Exercise details: In the records below, find the line that contains "nat_eq a b = elim" and the line that contains "option_eq (some a) (some b) = a == b", then retype exactly those two lines and every line between them.

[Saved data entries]
[Start of Attachment]

-- ===== src/Server/Keeping.antt =====
-- What keeps the slots owned: changes of connections that do not matter to them, and the replacement of a
-- context behind a handler.
use suplalite.Common.{ℕ, ◌≡◌, refl, ap, Option, none, some}
use suplalite.Python.Result.{Result}
use suplalite.Python.Text.{Str}
use suplalite.Python.Dict.{Dict, lookup, put}
use suplalite.Server.Types.{ServerState, eq_ℕ}
use suplalite.Server.World.{role_after, next_role, World, Role, anonymous, Context, Conn}
use suplalite.Server.Connections.{replaced, replaced_by, take_replacement}
use suplalite.Server.Ownership.{Owns-other}
use suplalite.Server.Releasing.{Owns-kept}
use suplalite.Server.Handling.{change_context-there}
use suplalite.Server.Owned.{client_of, device_of, IsOwned}

-- A connection that has no role comes, or changes.
pub idle-IsOwned :
    (s : ServerState) (conns : Dict ℕ Conn) (k : ℕ) (c' : Conn)
    → IsOwned s conns
    → ((c : Conn) → lookup eq_ℕ conns k ≡ some c → next_role c.context ≡ anonymous)
    → next_role c'.context ≡ anonymous
    → IsOwned s (put eq_ℕ conns k c')
idle-IsOwned s conns k c' owned before role = record {
  clients = owned.clients;
  devices = owned.devices;
  client_slots =
      Owns-other client_of conns s.client_connections owned.client_slots k c'
        (λ c e. ap client_of (before c e)) (ap client_of role);
  device_slots =
      Owns-other device_of conns s.device_connections owned.device_slots k c'
        (λ c e. ap device_of (before c e)) (ap device_of role);
}

-- What is behind a handler, for a connection that is there
pub take_replacement-there :
    (k : ℕ) (w : World) (c : Conn)
    → lookup eq_ℕ w.conns k ≡ some c
    → take_replacement k w
      ≡ record w { conns = put eq_ℕ w.conns k (record c { context = replaced c.context }) }
unfolding take_replacement
take_replacement-there k w c there =
    ap (λ (p : Result (Unit {0}) × World). p.1) (change_context-there k replaced w c there)

-- A connection changes, but not in what matters here.
pub kept-IsOwned :
    (s : ServerState) (conns : Dict ℕ Conn) (k : ℕ) (c c' : Conn)
    → IsOwned s conns
    → lookup eq_ℕ conns k ≡ some c
    → c'.superseded ≡ c.superseded
    → next_role c'.context ≡ next_role c.context
    → IsOwned s (put eq_ℕ conns k c')
kept-IsOwned s conns k c c' owned there same_end same_role = record {
  clients = owned.clients;
  devices = owned.devices;
  client_slots =
      Owns-kept client_of conns s.client_connections owned.client_slots k c c' there same_end
        same_role;
  device_slots =
      Owns-kept device_of conns s.device_connections owned.device_slots k c c' there same_end
        same_role;
}

next_role-replaced : (c : Context) → next_role (replaced c) ≡ next_role c
next_role-replaced c = of_replacement c.replacement refl
  where
    of_replacement :
        (o : Option (Str × Role))
        → c.replacement ≡ o
        → next_role (replaced_by c o) ≡ role_after o c.role
    of_replacement none e = ap (λ o. role_after o c.role) e
    of_replacement (some (name', role')) e = refl

-- The replacement of a context
pub take_replacement-IsOwned :
    (k : ℕ) (w : World) (c : Conn)
    → IsOwned w.state w.conns
    → lookup eq_ℕ w.conns k ≡ some c
    → IsOwned (take_replacement k w).state (take_replacement k w).conns
take_replacement-IsOwned k w c owned there = rw (take_replacement-there k w c there) (
    kept-IsOwned w.state w.conns k c (record c { context = replaced c.context }) owned there refl
      (next_role-replaced c.context))
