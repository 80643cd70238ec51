-- ===== src/Lib.antt =====
-- The verification library of TRACE Gate, the Python package src/trace_gate.
--
-- The package lets agents work under written authority. A coordinator hands tasks with disjoint
-- write scopes to agents and merges their artifacts; a run calls tools through a registry and
-- writes what happens to a ledger of chained events; context selection decides which documents a
-- prompt may show, semantic retrieval which of them a search may name, and a gate whether the
-- facts of a decision meet its policy; a migration moves documents to another owner in stages that
-- each need their evidence. The parts call one another only through values: the pack of a selection
-- goes into a prompt, the events of a run into its ledger, the validation of a document before its
-- transition.
--
-- Which file models which part:
--   Prelude      shared tests, lists, dictionaries and the exceptions of Python as values
--   MultiAgent   src/trace_gate/multi_agent.py. Paths: `path_identity` and the overlap of paths.
--                Leases: `LeaseRegistry`. Coordinator: `AgentCoordinator` (register_parent_scope,
--                delegate, complete, cancel_parent, merge); its children hold the invariant, its
--                preservation, the histories of calls and the merge.
--   Runtime      src/trace_gate/runtime.py. Registry: `ToolDefinition` and `ToolRegistry`.
--                Events and Ledger: the events and `EventStore` (validate, open, append).
--                Kernel: `RunLimits`, `_parse_action` and the state of `RunKernel.run`; Round is the
--                loop of `run`, Entry what stands before and after it, and `_rehydrate`.
--   Documents    src/trace_gate/validation.py: access intents and read profiles, and the
--                `semantic_errors` and `validate_value` of these two.
--   Context      src/trace_gate/context.py: `select_context` (Context is the loop, Packing the
--                rest) and `assemble_prompt`.
--   Semantic     src/trace_gate/semantic.py: `select_semantic_candidates` (Semantic is one round,
--                Selecting the rest).
--   Gates        src/trace_gate/gates.py: `compare` and `evaluate_gate`; Binding and Bound:
--                `evaluate_bound_gate`.
--   Migration    src/trace_gate/migration.py. Migration holds the documents; Paths is
--                `relative_path`, `related_paths` and `unique_paths`; Plans and Receipts are
--                `plan_errors`, `package_errors`, `relocation_errors`, `cutover_errors` and
--                `compensation_errors`; Validation and Holds are `transaction_errors`; Transition is
--                `transition`, and Changes, Histories and Authority what holds of it; Depth and
--                Walk hold the walk over the parents in `plan_errors`. Links is
--                `target_path` of src/trace_gate/migration_links.py.
--
-- State and errors: an object that the code mutates is a record that goes into an operation and
-- comes out of it; an exception is an `err` of `Result` with its class and message, and an
-- operation that raises returns no new state, but in the kernel (Prelude.Exec) what was written
-- before a raise stays written. A dictionary is an association list in the order of insertion. A
-- JSON value that the code only stores, compares or hashes stands as its canonical JSON text. A
-- document is a record with the fields that its schema requires; where the code tests the type of a
-- value, the type of the model has a case for the values that fail the test.
--
-- What the models take as arguments: the resolved identity of a path and the clock (per call, so
-- they may change between calls), SHA-256, canonical JSON, `datetime.fromisoformat`, the pattern of
-- a digest, the order of texts, the tables of Unicode, the numbers of a gate and the parsing of its
-- expressions, the messages of the JSON Schema validator, how deep calls may be nested, and what
-- the handler of a tool, the model and the verifier answer and do to the world. Where a statement
-- rests on the hash, it names the two values of which the canonical texts, or the digests of the
-- texts, would have to coincide.
--
-- Bounds: numbers are unbounded as in Python. Times are microseconds and durations clock ticks;
-- scores are multiples of 2⁻¹⁰⁷⁴, as every finite double is. A loop over a list is structural
-- recursion; the loop of a run recurs on the steps that are left, max_steps less the steps of
-- earlier calls, which is the source's own bound. The walk over the parents of artifacts recurs on
-- the calls that may still be nested, Python's recursion limit, beyond which it raises.
--
-- Not modelled: `main` of gates.py, the archives, streams and files of a migration
-- (migration_archive.py, migration_stream.py, migration_io.py, migration_link_restore.py), the link
-- policies of migration_links.py, the other documents of validation.py, and the command-line
-- scripts; scores that are not a number and recorded verdicts whose `passed` is no Boolean; parsing
-- of the lines of a ledger, failing writes to it, and threads: the calls of a batch run in the
-- order of submission.
pub mod Prelude
pub mod MultiAgent
pub mod Runtime
pub mod Documents
pub mod Context
pub mod Semantic
pub mod Gates
pub mod Migration
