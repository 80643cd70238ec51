-- ===== src/Prelude/Tests.antt =====
-- Boolean tests on numbers, the conditional, and decidable equality as an interface.
use Prim.Native.Nat.{ℕ, compare, Ordering}
use Prim.Native.String.{String, ◌++◌ as ◌<>◌}
use mathlib.Core.Path.{◌≡◌, refl}
use mathlib.Core.Logic.{◌↔◌, ◌⊎◌, inl, inr}
use mathlib.Core.Bool.{Bool, true, false, ◌&&◌}
use mathlib.Core.Option.{Option, none, some}
use mathlib.Core.List.{List, [], ◌∷◌}
use native.Mathlib.Omega.{arith}
use text.Mathlib.Text.{◌==◌ as str_eq}
use text.Mathlib.TextEquality.{eq_iff}

abbrev pub ltb : ℕ → ℕ → Bool
ltb a b = elim (compare a b) [ Ordering.lt ↦ true | _ ↦ false ]

abbrev pub leb : ℕ → ℕ → Bool
leb a b = elim (compare a b) [ Ordering.gt ↦ false | _ ↦ true ]

abbrev pub nat_eq : ℕ → ℕ → Bool
nat_eq a b = elim (compare a b) [ Ordering.eq ↦ true | _ ↦ false ]

infix 1 if◌then◌else◌
abbrev pub if◌then◌else◌ {ℓ} : {A : Type ℓ} → Bool → A → A → A
if true then x else y = x
if false then x else y = y

pub nat_eq_iff : (a b : ℕ) → (nat_eq a b ≡ true) ↔ (a ≡ b)
nat_eq_iff a b = ground arith

-- To split on a computed value and keep the equation.
pub Bool-cases : (b : Bool) → (b ≡ true) ⊎ (b ≡ false)
Bool-cases true = inl refl
Bool-cases false = inr refl

pub Option-cases {ℓ} : {A : Type ℓ} (o : Option A) → (o ≡ none) ⊎ ((a : A) × (o ≡ some a))
Option-cases none = inl refl
Option-cases (some a) = inr (a, refl)

pub some-inj {ℓ} : {A : Type ℓ} {a b : A} → some a ≡ some b → a ≡ b
some-inj h = cc

-- A type whose Python `==` the model decides.
pub record Eq {ℓ} (V : Type ℓ) : Type ℓ where
  pub same : V → V → Bool
  pub same_iff : (v w : V) → (same v w ≡ true) ↔ (v ≡ w)

-- An f-string's parts, joined.
abbrev pub concat : String → String → String
concat = ◌<>◌

instance abbrev pub string_Eq : Eq String
string_Eq = record { same = str_eq; same_iff = eq_iff }

instance abbrev pub nat_Eq : Eq ℕ
nat_Eq = record { same = nat_eq; same_iff = nat_eq_iff }

infix 50 ◌==◌
abbrev pub ◌==◌ {κ} : {V : Type κ} ⦃equality : Eq V⦄ → V → V → Bool
◌==◌ ⦃equality⦄ v w = equality.same v w

abbrev pub bool_eq : Bool → Bool → Bool
bool_eq true b = b
bool_eq false true = false
bool_eq false false = true

pub bool_eq_iff : (a b : Bool) → (bool_eq a b ≡ true) ↔ (a ≡ b)
bool_eq_iff a b = ground arith

instance abbrev pub bool_Eq : Eq Bool
bool_Eq = record { same = bool_eq; same_iff = bool_eq_iff }

module _ {ℓ} {A : Type ℓ} ⦃e : Eq A⦄ where
  pub eq_refl : (a : A) → (a == a) ≡ true
  eq_refl a = (e.same_iff a a).1 refl

  pub eq→path : (a b : A) → (a == b) ≡ true → a ≡ b
  eq→path a b h = (e.same_iff a b).0 h

  pub eq_ne : (a b : A) → (a == b) ≡ false → ¬ (a ≡ b)
  eq_ne a b h p = cc ((e.same_iff a b).1 p)

  pub eq_sym : (a b : A) → (a == b) ≡ (b == a)
  eq_sym a b = ground (arith, e.same_iff a b, e.same_iff b a)

  abbrev pub option_eq : Option A → Option A → Bool
  option_eq none none = true
  option_eq none (some b) = false
  option_eq (some a) none = false
  option_eq (some a) (some b) = a == b

  pub option_eq_iff : (a b : Option A) → (option_eq a b ≡ true) ↔ (a ≡ b)
  option_eq_iff none none = ground arith
  option_eq_iff none (some b) = ground arith
  option_eq_iff (some a) none = ground arith
  option_eq_iff (some a) (some b) = ground (arith, e.same_iff a b)

  abbrev pub list_eq : List A → List A → Bool
  list_eq [] [] = true
  list_eq [] (y ∷ ys) = false
  list_eq (x ∷ xs) [] = false
  list_eq (x ∷ xs) (y ∷ ys) = (x == y) && list_eq xs ys

  pub list_eq_iff : (xs ys : List A) → (list_eq xs ys ≡ true) ↔ (xs ≡ ys)
  list_eq_iff [] [] = ground arith
  list_eq_iff [] (y ∷ ys) = ground arith
  list_eq_iff (x ∷ xs) [] = ground arith
  list_eq_iff (x ∷ xs) (y ∷ ys) = ground (arith, e.same_iff x y, list_eq_iff xs ys)

instance abbrev pub option_Eq {ℓ} : {A : Type ℓ} ⦃e : Eq A⦄ → Eq (Option A)
option_Eq = record { same = option_eq; same_iff = option_eq_iff }

instance abbrev pub list_Eq {ℓ} : {A : Type ℓ} ⦃e : Eq A⦄ → Eq (List A)
list_Eq = record { same = list_eq; same_iff = list_eq_iff }

pub string_discrete : Discrete String
string_discrete s t = elim (Bool-cases (str_eq s t)) [
  | inl y ↦ yes ((eq_iff s t).0 y)
  | inr n ↦ no (eq_ne s t n)
]

abbrev pub decides {ℓ} : {A : Type ℓ} → Dec A → Bool
decides (yes a) = true
decides (no n) = false

pub decides_iff {ℓ} : {A : Type ℓ} (d : Dec A) → (decides d ≡ true) ↔ A
decides_iff (yes a) = (λ h. a, λ a. refl)
decides_iff (no n) = (λ h. cc, λ a. absurd (n a))

-- Equality of the values of a data type, from a decision.
abbrev pub discrete_Eq {ℓ} : {A : Type ℓ} → Discrete A → Eq A
discrete_Eq d = record { same = λ a b. decides (d a b); same_iff = λ a b. decides_iff (d a b) }
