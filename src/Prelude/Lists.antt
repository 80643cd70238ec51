-- ===== src/Prelude/Lists.antt =====
-- Lists measured by native numbers, and the tests of a Python list or set: `in`, `any`, `all`, `<=`.
use Prim.Native.Nat.{ℕ, suc, ◌+◌}
use mathlib.Core.Logic.{◌⊎◌, inl, inr}
use mathlib.Core.Path.{◌≡◌, refl}
use mathlib.Core.Bool.{Bool, true, false, not, ◌&&◌, ◌||◌}
use mathlib.Core.Option.{Option, none, some}
use mathlib.Core.List.{List, [], ◌∷◌, ◌++◌}
use native.Mathlib.Omega.{arith}
use trace_gate_framework.Prelude.Tests.{Eq, ◌==◌}

module _ {ℓ} {A : Type ℓ} where
  abbrev pub length : List A → ℕ
  length [] = 0
  length (x ∷ xs) = suc (length xs)

  pub length-append : (xs ys : List A) → length (xs ++ ys) ≡ length xs + length ys
  length-append [] ys = omega arith
  length-append (x ∷ xs) ys = omega (arith, length-append xs ys)

  unfoldable pub any : (A → Bool) → List A → Bool
  any p [] = false
  any p (x ∷ xs) = p x || any p xs

  unfoldable pub all : (A → Bool) → List A → Bool
  all p [] = true
  all p (x ∷ xs) = p x && all p xs

  abbrev pub is_empty : List A → Bool
  is_empty [] = true
  is_empty (x ∷ xs) = false

  -- `xs[0]` and `xs[-1]`
  abbrev pub head? : List A → Option A
  head? [] = none
  head? (x ∷ xs) = some x

  abbrev pub last? : List A → Option A
  last? [] = none
  last? (x ∷ []) = some x
  last? (x ∷ y ∷ xs) = last? (y ∷ xs)

  -- A predicate of every element, in a form that computes to tuples.
  abbrev pub All {κ} : (A → Type κ) → List A → Type κ
  All P [] = Unit
  All P (x ∷ xs) = P x × All P xs

-- `x` is an element of the list.
abbrev pub Among : {A : Type 0} → A → List A → Type 0
Among x [] = ⊥
Among x (y ∷ ys) = (x ≡ y) ⊎ Among x ys

pub Among-append :
    {A : Type 0} (x : A) (xs ys : List A) → Among x (xs ++ ys) → Among x xs ⊎ Among x ys
Among-append x [] ys m = inr m
Among-append x (z ∷ xs) ys (inl same) = inl (inl same)
Among-append x (z ∷ xs) ys (inr later) = elim (Among-append x xs ys later) [
  | inl m ↦ inl (inr m)
  | inr m ↦ inr m
]

pub All-Among :
    {A : Type 0} (xs ys : List A) → ((x : A) → Among x xs → Among x ys) → All (λ x. Among x ys) xs
All-Among [] ys h = tt
All-Among (x ∷ xs) ys h = (h x (inl refl), All-Among xs ys (λ z m. h z (inr m)))

module _ {ℓ κ} {A : Type ℓ} (P : A → Type κ) where
  pub All-append : (xs ys : List A) → All P xs → All P ys → All P (xs ++ ys)
  All-append [] ys hx hy = hy
  All-append (x ∷ xs) ys hx hy = (hx.0, All-append xs ys hx.1 hy)

module _ {ℓ} {A : Type ℓ} ⦃e : Eq A⦄ where
  -- `x in xs`
  unfoldable pub contains : A → List A → Bool
  contains a [] = false
  contains a (x ∷ xs) = (x == a) || contains a xs

  -- `set(xs) <= set(ys)`
  unfoldable pub subset : List A → List A → Bool
  subset [] ys = true
  subset (x ∷ xs) ys = contains x ys && subset xs ys

  -- `len(xs) == len(set(xs))`
  unfoldable pub is_unique : List A → Bool
  unfolding contains
  is_unique [] = true
  is_unique (x ∷ xs) = not (contains x xs) && is_unique xs

  pub contains-append :
      (a : A) (xs ys : List A) → contains a (xs ++ ys) ≡ (contains a xs || contains a ys)
  unfolding contains
  contains-append a [] ys = refl
  contains-append a (x ∷ xs) ys = ground (arith, contains-append a xs ys)

  pub subset_lem :
      (xs ys : List A) (a : A) → subset xs ys ≡ true → contains a xs ≡ true → contains a ys ≡ true
  unfolding subset contains
  subset_lem [] ys a s m = ground arith
  subset_lem (x ∷ xs) ys a s m = ground (arith, e.same_iff x a, subset_lem xs ys a)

[End of Attachment]

Answer space:
nat_eq a b = elim (compare a b) [ Ordering.eq ↦ true | _ ↦ false ]

infix 1 if◌then◌else◌
abbrev pub if◌then◌else◌ {ℓ} : {A : Type ℓ} → Bool → A → A → A
if true then x else y = x
if false then x else y = y

pub nat_eq_iff : (a b : ℕ) → (nat_eq a b ≡ true) ↔ (a ≡ b)
nat_eq_iff a b = ground arith

-- To split on a computed value and keep the equation.
pub Bool-cases : (b : Bool) → (b ≡ true) ⊎ (b ≡ false)
Bool-cases true = inl refl
Bool-cases false = inr refl

pub Option-cases {ℓ} : {A : Type ℓ} (o : Option A) → (o ≡ none) ⊎ ((a : A) × (o ≡ some a))
Option-cases none = inl refl
Option-cases (some a) = inr (a, refl)

pub some-inj {ℓ} : {A : Type ℓ} {a b : A} → some a ≡ some b → a ≡ b
some-inj h = cc

-- A type whose Python `==` the model decides.
pub record Eq {ℓ} (V : Type ℓ) : Type ℓ where
  pub same : V → V → Bool
  pub same_iff : (v w : V) → (same v w ≡ true) ↔ (v ≡ w)

-- An f-string's parts, joined.
abbrev pub concat : String → String → String
concat = ◌<>◌

instance abbrev pub string_Eq : Eq String
string_Eq = record { same = str_eq; same_iff = eq_iff }

instance abbrev pub nat_Eq : Eq ℕ
nat_Eq = record { same = nat_eq; same_iff = nat_eq_iff }

infix 50 ◌==◌
abbrev pub ◌==◌ {κ} : {V : Type κ} ⦃equality : Eq V⦄ → V → V → Bool
◌==◌ ⦃equality⦄ v w = equality.same v w

abbrev pub bool_eq : Bool → Bool → Bool
bool_eq true b = b
bool_eq false true = false
bool_eq false false = true

pub bool_eq_iff : (a b : Bool) → (bool_eq a b ≡ true) ↔ (a ≡ b)
bool_eq_iff a b = ground arith

instance abbrev pub bool_Eq : Eq Bool
bool_Eq = record { same = bool_eq; same_iff = bool_eq_iff }

module _ {ℓ} {A : Type ℓ} ⦃e : Eq A⦄ where
  pub eq_refl : (a : A) → (a == a) ≡ true
  eq_refl a = (e.same_iff a a).1 refl

  pub eq→path : (a b : A) → (a == b) ≡ true → a ≡ b
  eq→path a b h = (e.same_iff a b).0 h

  pub eq_ne : (a b : A) → (a == b) ≡ false → ¬ (a ≡ b)
  eq_ne a b h p = cc ((e.same_iff a b).1 p)

  pub eq_sym : (a b : A) → (a == b) ≡ (b == a)
  eq_sym a b = ground (arith, e.same_iff a b, e.same_iff b a)

  abbrev pub option_eq : Option A → Option A → Bool
  option_eq none none = true
  option_eq none (some b) = false
  option_eq (some a) none = false
  option_eq (some a) (some b) = a == b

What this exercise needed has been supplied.